Nicht weit entfernt, auf der Steinbühne vor dem Gandhi-Porträt, sitzt Anna Hazare. Es ist jetzt 10 Uhr. 288 Stunden hat Hazare bis zu diesem Moment dort oben neben seinen drei weißen Rollkissen gelegen und gefastet. Zu behaupten, dass sein Bild in dieser Zeit durch die Welt gegangen ist, wäre übertrieben. Dazu interessiert sich die Welt derzeit zu wenig für Indien, einem wirtschaftlich stabilen Land inmitten der erneuten internationalen Krise.

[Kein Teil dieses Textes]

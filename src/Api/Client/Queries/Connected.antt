-- ===== src/Api/Client/Queries/Connected.antt =====
-- What a client is after `Connect`.
use Prim.Native.String.{◌++◌}
use goppstats.Prelude.{
  String, some, false, ◌≡◌, sym, ap, ◌∙◌, subst, arith, ◌==◌, string_eq, if◌then◌else◌, inl, inr,
  Option-cases,
}
use goppstats.Prelude.Format.{itoa}
use goppstats.Prelude.Result.{ok, Result-cases, ◌>>=◌}
use goppstats.Api.Json.{Json, str, obj, Fields, get, as_object, as_string}
use goppstats.Api.Client.{Cluster, Net, config_path, authtype_session}
use goppstats.Api.Client.Session.{initialize, authenticate}
use goppstats.Api.Client.Get.{rest_get}
use goppstats.Api.Client.Get.Frame.{identity, identity-rest_get, identity-authenticate}
use goppstats.Api.Client.Get.Answers.{IsAnswered, rest_get-IsAnswer}
use goppstats.Api.Client.Queries.{
  apply_config, get_cluster_config, open_session, wrap_error, connect,
}
use goppstats.Api.Client.Queries.Laws.{as_object-some, as_string-some, bind-ok}

-- The client with a version and a name.
abbrev pub with_config : (String → String) → String → String → Cluster → Cluster
with_config to_lower version name c = record c {
  os_version = version;
  cluster_name = if c.preserve_case then name else to_lower name;
}

module _ {Float64 : Type 0} where
  -- The JSON of a cluster's configuration has this version and this name.
  abbrev pub HasConfig : Json Float64 → String → String → Type 0
  HasConfig v version name =
      (m : Fields Float64) × (release : Fields Float64) × (v ≡ obj m)
      × (get "onefs_version" m ≡ some (obj release))
      × (get "version" release ≡ some (str version))
      × (get "name" m ≡ some (str name))

  apply_config-ok :
      (to_lower : String → String) (c c' : Cluster) (v : Json Float64)
      → apply_config to_lower c v ≡ (ok tt, c')
      → (version : String) × (name : String) × HasConfig v version name
        × (c' ≡ with_config to_lower version name c)
  unfolding apply_config
  apply_config-ok to_lower c c' v e = elim (Option-cases (as_object (some v))) [
    | inl q ↦ let no : ⊥ = ground (arith, q, e) in elim no [ ]
    | inr (m, q) ↦ elim (Option-cases (as_object (get "onefs_version" m))) [
      | inl r ↦ let no : ⊥ = ground (arith, q, r, e) in elim no [ ]
      | inr (release, r) ↦ elim (Option-cases (as_string (get "version" release))) [
        | inl s ↦ let no : ⊥ = ground (arith, q, r, s, e) in elim no [ ]
        | inr (version, s) ↦ elim (Option-cases (as_string (get "name" m))) [
          | inl t ↦ let no : ⊥ = ground (arith, q, r, s, t, e) in elim no [ ]
          | inr (name, t) ↦ (
            version,
            name,
            (
              m,
              release,
              ground (arith, as_object-some (some v) m q),
              as_object-some (get "onefs_version" m) release r,
              as_string-some (get "version" release) version s,
              as_string-some (get "name" m) name t,
            ),
            ground (arith, q, r, s, t, e),
          )
        ]
      ]
    ]
  ]

-- A new client that is set up has its host's address.
initialize-ok :
    (c : Cluster)
    → c.connected ≡ false
    → (initialize c).0 ≡ ok tt
    → ((initialize c).1.base_url ≡ "https://" ++ c.hostname ++ ":" ++ itoa (initialize c).1.port)
      × ((c.username == "") ≡ false)
      × ((c.password == "") ≡ false)
      × ((c.hostname == "") ≡ false)
      × ((initialize c).1.auth_type ≡ c.auth_type)
unfolding initialize
initialize-ok c n p =
    let u : (c.username == "") ≡ false = ground (arith, n, p) in
    let s : (c.password == "") ≡ false = ground (arith, n, p) in
    let h : (c.hostname == "") ≡ false = ground (arith, n, p) in
    (ground (arith, n, u, s, h), u, s, h, ground arith)

module _ {Float64 W : Type 0} (net : Net Float64 W) where
  IsAnswered-identity :
      (c o : Cluster) (endpoint body : String)
      → identity c ≡ identity o
      → IsAnswered net c endpoint body
      → IsAnswered net o endpoint body
  IsAnswered-identity c o endpoint body same (url, resp, p, (req, w, (d, i, q), s), status, b) = (
    url,
    resp,
    subst (λ base. net.parse_url (base ++ endpoint) ≡ ok url) (ap (λ x. x.base_url) same) p,
    (req, w, (d, i ∙ same, q), s),
    status,
    b,
  )

  -- The cluster's configuration was answered, and the client has the version and the name of it.
  abbrev pub IsConfigured : Cluster → Cluster → Type 0
  IsConfigured c c' =
      (body : String) × (v : Json Float64) × (version : String) × (name : String) × IsAnswered net c
        config_path body
      × (net.unmarshal body ≡ ok v)
      × HasConfig v version name
      × (identity c' ≡ with_config net.to_lower version name (identity c))

  get_cluster_config-ok :
      (c c' : Cluster) (w w' : W) → get_cluster_config net c w ≡ (ok tt, c', w') → IsConfigured c c'
  unfolding get_cluster_config
  get_cluster_config-ok c c' w w' e =
      let (r, c₁, w₁) = rest_get net c config_path w in
      elim (Result-cases (r >>= net.unmarshal)) [
        | inr (x, q) ↦ let no : ⊥ = ground (arith, q, e) in elim no [ ]
        | inl (v, q) ↦
            let (body, b, u) = bind-ok r net.unmarshal v q in
            let applied : apply_config net.to_lower c₁ v ≡ (ok tt, c') = ground (arith, q, e) in
            let (version, name, has, made) = apply_config-ok net.to_lower c₁ c' v applied in
            (
              body,
              v,
              version,
              name,
              rest_get-IsAnswer net c config_path w body b,
              u,
              has,
              ap identity made
                  ∙ ap (with_config net.to_lower version name)
                      (identity-rest_get net c config_path w),
            )
      ]

  identity-open_session : (c : Cluster) (w : W) → identity (open_session net c w).1 ≡ identity c
  unfolding open_session
  identity-open_session c w = ground (arith, identity-authenticate net c w)

  open_session-authenticate :
      (c : Cluster) (w : W)
      → c.auth_type ≡ authtype_session
      → open_session net c w ≡ authenticate net c w
  unfolding open_session
  open_session-authenticate c w k = ground (arith, string_eq.beq_iff c.auth_type authtype_session)

  IsConfigured-open_session :
      (c c' : Cluster) (w : W) → IsConfigured (open_session net c w).1 c' → IsConfigured c c'
  IsConfigured-open_session c c' w (body, v, version, name, answered, u, has, same) =
      let i = identity-open_session c w in
      (
        body,
        v,
        version,
        name,
        IsAnswered-identity (open_session net c w).1 c config_path body i answered,
        u,
        has,
        same ∙ ap (with_config net.to_lower version name) i,
      )

  pub connect-IsConfigured :
      (c c' : Cluster) (w w' : W)
      → c.connected ≡ false
      → connect net c w ≡ (ok tt, c', w')
      → let c₁ = (initialize c).1 in
        IsConfigured c₁ c'
        × (c₁.base_url ≡ "https://" ++ c.hostname ++ ":" ++ itoa c₁.port)
        × ((c.username == "") ≡ false)
        × ((c.password == "") ≡ false)
        × ((c.hostname == "") ≡ false)
        × (c.auth_type ≡ authtype_session → (authenticate net c₁ w).0 ≡ ok tt)
  unfolding connect initialize open_session wrap_error
  connect-IsConfigured c c' w w' n e =
      let (i, c₁) = initialize c in
      let (a, c₂, w₂) = open_session net c₁ w in
      let (g, c₃, w₃) = get_cluster_config net c₂ w₂ in
      elim (Result-cases i) [
        | inr (x, p) ↦ let no : ⊥ = ground (arith, p, e) in elim no [ ]
        | inl (_, p) ↦ elim (Result-cases a) [
          | inr (x, q) ↦ let no : ⊥ = ground (arith, p, q, e) in elim no [ ]
          | inl (_, q) ↦ elim (Result-cases g) [
            | inr (x, r) ↦ let no : ⊥ = ground (arith, p, q, r, e) in elim no [ ]
            | inl (_, r) ↦
                let answered : get_cluster_config net c₂ w₂ ≡ (ok tt, c', w') =
                  ground (arith, p, q, r, e) in
                let (base, u, s, h, t) = initialize-ok c n p in
                (
                  IsConfigured-open_session c₁ c' w (get_cluster_config-ok c₂ c' w₂ w' answered),
                  base,
                  u,
                  s,
                  h,
                  λ k. sym (ap (λ x. x.0) (open_session-authenticate c₁ w (t ∙ k))) ∙ q,
                )
          ]
        ]
      ]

Doch sein Bild erreichte jeden indischen Milliardärspalast, jede indische Arbeiterstube und jede indische Bauernhütte. Es erreichte Hausfrauen wie Bijay Tomar und sogar Kinder: "Ich sehe Anna. Er ist ein guter Mann", sagt Sneha, die elfjährige Tochter der Familie Tomar. Sie trägt ein Kleid mit goldenen Streifen über den Schultern und silberne Sandalen.

"Lang lebe Indien"

Sie schaut genauso hingerissen auf den alten Mann wie die zwei kleinen Mädchen, Simran und Ikrah, die erste eine Unberührbare, die zweite eine Muslima, die oben auf der Bühne einen silbernen Becher gefüllt mit Kokosnusssaft und Honig in ihre Hände nehmen und ihn Hazare überreichen. Der alte Mann trinkt. Sein Hungerstreik ist beendet. Die Menge auf dem Festplatz singt: "Lang lebe Indien!"

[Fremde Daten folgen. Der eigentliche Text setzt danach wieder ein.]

-- ===== src/Backend.antt =====
-- The names shared by the backends (backend.go).
pub mod Fields
pub mod Exports
pub mod Tags
use goppstats.Prelude.{String, List, [], ◌∷◌, Bool, ◌||◌, ◌==◌, string_eq}

abbrev pub f_bytes_in : String
f_bytes_in = "bytes_in"

abbrev pub f_bytes_out : String
f_bytes_out = "bytes_out"

abbrev pub f_reads : String
f_reads = "reads"

abbrev pub f_writes : String
f_writes = "writes"

abbrev pub f_ops : String
f_ops = "ops"

abbrev pub f_l2 : String
f_l2 = "l2"

abbrev pub f_l3 : String
f_l3 = "l3"

abbrev pub f_cpu : String
f_cpu = "cpu"

abbrev pub f_lat_read : String
f_lat_read = "latency_read"

abbrev pub f_lat_write : String
f_lat_write = "latency_write"

abbrev pub f_lat_other : String
f_lat_other = "latency_other"

-- The statistics that every dataset collects.
abbrev pub pp_fixed_fields : List String
pp_fixed_fields =
    f_bytes_in ∷ f_bytes_out ∷ f_reads ∷ f_writes ∷ f_ops ∷ f_l2 ∷ f_l3 ∷ f_cpu ∷ f_lat_read
    ∷ f_lat_write ∷ f_lat_other ∷ []

abbrev pub w_additional : String
w_additional = "Additional"

abbrev pub w_excluded : String
w_excluded = "Excluded"

abbrev pub w_overaccounted : String
w_overaccounted = "Overaccounted"

abbrev pub w_system : String
w_system = "System"

abbrev pub w_unknown : String
w_unknown = "Unknown"

abbrev pub w_pinned : String
w_pinned = "Pinned"

-- The five overflow buckets of a dataset.
abbrev pub workload_types : List String
workload_types = w_additional ∷ w_excluded ∷ w_overaccounted ∷ w_system ∷ w_unknown ∷ []

unfoldable pub is_valid_workload_type : String → Bool
is_valid_workload_type t =
    t == w_additional || t == w_excluded || t == w_overaccounted || t == w_system || t == w_unknown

Es ist das vorläufige Happy End der - gemessen an den Zahlen der Demonstranten - größten sozialen Bewegung, die Indien seit der Unabhängigkeit erlebt hat. "Anna siegt für das Volk", titelt am Morgen die Times of India, die größte englischsprachige Tageszeitung der Welt. Eben noch regierte die Kongresspartei mit langjährig erprobten Koalitionspartnern und einem international angesehenen Regierungschef unangefochten das Land.

Der Ghandi-Effekt

Nun aber musste sich die Partei binnen Tagen einem alten Mann geschlagen geben, der Indiens gesamtes politisches System für korrupt hält und für den Fall, dass man seine Forderungen nicht erfüllt, mit einer Revolution droht. Dass die Inder Hazare Glauben schenken, macht der Gandhi-Effekt: "Anna macht das alles nicht für sich, da ist er wie Gandhi. Sonst hätte die Regierung seine Forderungen nicht erfüllt", sagt Tomar.

Die Niederlage von Regierung und Parlament ist komplett. "Geschichte wurde gemacht, als am Samstag beide Häuser des Parlaments vor Anna Hazare zu Kreuze krochen", schreibt die Times of India. Tatsächlich entschied das Parlament am Samstag per einstimmigen Beschluss aller Parteien, dass Hazares drei Bedingungen bei der Erarbeitung eines neuen Anti-Korruptions-Esetzes erfüllt werden sollen.

Nicht die Politik, sondern die Straße schrieb damit das neue Gesetz, in dem es um die Einrichtung einer unabhängigen Behörde zur Bekämpfung der chronischen Korruption in Indien geht. Es soll in der laufenden Legislaturperiode ausgearbeitet und verabschiedet werden.

Wie die Geschichte weitergeht? Ganz einfach: Tomar geht zurück in seine Werkstatt und Hazare zurück in sein Dorf Ralegan Siddhi in Westindien, wo er seit 30 Jahren in einem kleinen, bunten Tempel lebt.